Niger J Clin Pract ; 21(3): 318-326, 2018 Mar.
Article in English | MEDLINE | ID: mdl-29519980

ABSTRACT

OBJECTIVES (BACKGROUND): Risk of dental injury from contact sports can be prevented by the use of mouthguards. Dentists provide excellent information regarding mouthguards. Thus, the aim was to assess the awareness among dentists regarding the same, the level of training in fabricating a mouthguard and whether they regularly recommend one for their athletically active patients. MATERIALS AND METHODS: This institutional cross-sectional survey was conducted in the Department of Orthodontics, Government Dental College, Kottayam, and Kerala, India. An online form was sent out to 1500 offices and departments in dental institutions through email with a time period of 1 month given to fill responses and was analyzed using descriptive statistics. RESULTS: A response from 640 was recorded; most of them had not received or had fabricated a mouthguard during their dental training or private practice, even though one-third recommended one to their athletically active patients with a lack of formal training being the reason for not routinely advocating mouthguard usage.
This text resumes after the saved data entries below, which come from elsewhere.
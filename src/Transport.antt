-- ===== src/Transport.antt =====
-- `struct Libp2pV2Stream` (v2/include/libp2p/net/tcp.h): the byte stream that the protocols of v2
-- are written over, as an interface. A user of it may assume the three operations alone; what a
-- protocol needs of the bytes that they carry is the record `Reliable`.
pub mod Wire
pub mod ReadFull
pub mod Triple
pub mod Run
pub mod Handle
pub mod Door
use c_libp2p.Base.{ℕ, zero, suc, ◌-◌, ◌≤◌, ◌<◌, ◌≡◌, ◌≢◌, List, [], ◌∷◌, ◌++◌, length, Option}
use c_libp2p.Base.{none, some, ◌==◌, Bool, true, false, if◌then◌else◌}

-- What a C function of the protocols comes back with. `undefined` is no return value: the run has
-- reached behaviour that C does not define. Nor is `stuck`: the fuel of a loop of the model is used up.
pub data Res (A : Type 0) : Type 0 where
  ok : A → Res A
  failed undefined stuck : Res A

-- A function that calls a stream with state `S`. What it did to the stream is kept on failure too.
abbrev pub M : Type 0 → Type 0 → Type 0
M S A = S → Res A × S

abbrev pub go_on : {S A B : Type 0} → Res A → (A → M S B) → M S B
go_on (ok a) f s = f a s
go_on failed f s = (failed, s)
go_on undefined f s = (undefined, s)
go_on stuck f s = (stuck, s)

infixl 5 ◌>>=◌ ◌>>◌
abbrev pub ◌>>=◌ : {S A B : Type 0} → M S A → (A → M S B) → M S B
◌>>=◌ m f s = go_on (m s).0 f (m s).1

abbrev pub ◌>>◌ : {S B : Type 0} → M S (Unit {0}) → M S B → M S B
m >> k = m >>= λ _. k

abbrev pub pure : {S A : Type 0} → A → M S A
pure a s = (ok a, s)

abbrev pub fail : {S A : Type 0} → M S A
fail s = (failed, s)

-- `if (!test) return 0;`
abbrev pub guard : {S : Type 0} → Bool → M S (Unit {0})
guard true s = (ok tt, s)
guard false s = (failed, s)

-- a call whose result the code does not look at
abbrev pub attempt : {S A : Type 0} → M S A → M S (Unit {0})
attempt m s = (ok tt, (m s).1)

abbrev pub recovered : {A : Type 0} → Res A → Res (Option A)
recovered (ok a) = ok (some a)
recovered failed = ok none
recovered undefined = undefined
recovered stuck = stuck

-- a call whose failure the code tests for
abbrev pub recover : {S A : Type 0} → M S A → M S (Option A)
recover m s = (recovered (m s).0, (m s).1)

-- `for (;;) { ... }`, with `fuel` rounds at most: `none` is `continue`, a value is `return`.
unfoldable pub forever : {S A : Type 0} → ℕ → M S (Option A) → M S A
forever zero body = λ s. (stuck, s)
forever (suc fuel) body =
    let again = forever fuel body in body >>= λ o. elim o [ none ↦ again | some a ↦ pure a ]

abbrev pub prepend : List ℕ → Res (List ℕ) → Res (List ℕ)
prepend xs (ok ys) = ok (xs ++ ys)
prepend xs failed = failed
prepend xs undefined = undefined
prepend xs stuck = stuck

-- `n <= 0 || n != total` is a failure.
abbrev pub took : Option ℕ → ℕ → Res (Unit {0})
took none total = failed
took (some n) total = if n == 0 then failed else if n == total then ok tt else failed

-- `read s n` is the call `stream->read(stream, buf, n)`: the bytes put into `buf`, none if the
-- call returned 0 or less. `write s bs` is `stream->write(stream, bs, size)`: the number that the
-- call returned, `none` for a negative one.
pub record Transport : Type 1 where
  pub State : Type 0
  pub read : State → ℕ → List ℕ × State
  pub write : State → List ℕ → Option ℕ × State
  pub close : State → State

-- A stream that delivers what its peer sent, in order, in pieces of a size of its own choice, and
-- that takes every write whole. `pending s` is what can still be read, `sent s` what was written.
pub record Reliable (t : Transport) : Type 1 where
  pub pending : t.State → List ℕ
  pub sent : t.State → List ℕ
  pub Usable : t.State → Type 0
  pub read_pos : (s : t.State) (n : ℕ) → Usable s → pending s ≢ [] → 0 < n → (t.read s n).0 ≢ []
  pub read_le : (s : t.State) (n : ℕ) → Usable s → length (t.read s n).0 ≤ n
  pub read_front :
      (s : t.State) (n : ℕ) → Usable s → pending s ≡ (t.read s n).0 ++ pending (t.read s n).1
  pub sent-read : (s : t.State) (n : ℕ) → Usable s → sent (t.read s n).1 ≡ sent s
  pub read-Usable : (s : t.State) (n : ℕ) → Usable s → Usable (t.read s n).1
  pub write_all :
      (s : t.State) (bs : List ℕ) → Usable s → bs ≢ [] → (t.write s bs).0 ≡ some (length bs)
  pub sent-write :
      (s : t.State) (bs : List ℕ) → Usable s → bs ≢ [] → sent (t.write s bs).1 ≡ sent s ++ bs
  pub pending-write : (s : t.State) (bs : List ℕ) → Usable s → pending (t.write s bs).1 ≡ pending s
  pub write-Usable : (s : t.State) (bs : List ℕ) → Usable s → Usable (t.write s bs).1

abbrev pub null : List ℕ → Bool
null [] = true
null (x ∷ xs) = false

abbrev pub first_byte : List ℕ → Res ℕ
first_byte [] = failed
first_byte (b ∷ bs) = ok b

module _ (t : Transport) where
  open t use {State, read, write}

  -- `while (total < len) { ret = read(buf + total, len - total); if (ret <= 0) return 0; ... }`:
  -- the bytes read, or a failure where a read failed. Every round reads a byte at least, so `len`
  -- rounds are enough.
  pub read_rounds : ℕ → ℕ → M State (List ℕ)
  read_rounds fuel zero s = (ok [], s)
  read_rounds zero (suc n) s = (failed, s)
  read_rounds (suc fuel) (suc n) s =
      let (got, s') = read s (suc n) in
      let more = read_rounds fuel (suc n - length got) s' in
      if null got then (failed, s') else (prepend got more.0, more.1)

  -- One byte, as `stream->read(stream, &byte, 1)` fills it.
  unfoldable pub read_byte : M State ℕ
  read_byte s = let (got, s') = read s 1 in (first_byte got, s')

  unfoldable pub read_full : ℕ → M State (List ℕ)
  unfolding read_rounds
  read_full n = read_rounds n n

  -- a write whose caller wants all of the bytes taken
  unfoldable pub write_full : List ℕ → M State (Unit {0})
  write_full bs s = let (n, s') = write s bs in (took n (length bs), s')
Most were aware of more than one type of mouthguards and recommended customized one for the same, however, more than half were not aware of a different type intended for orthodontic patients. CONCLUSION: It is not a routine practice currently, among general dentists and specialists alike, in our country, to prescribe a mouthguard. It is time that the dental fraternity spread awareness for the prevention of injuries. A relook into the academic curriculum while advocating the use of customized mouthguards to patients due to contact sports is required.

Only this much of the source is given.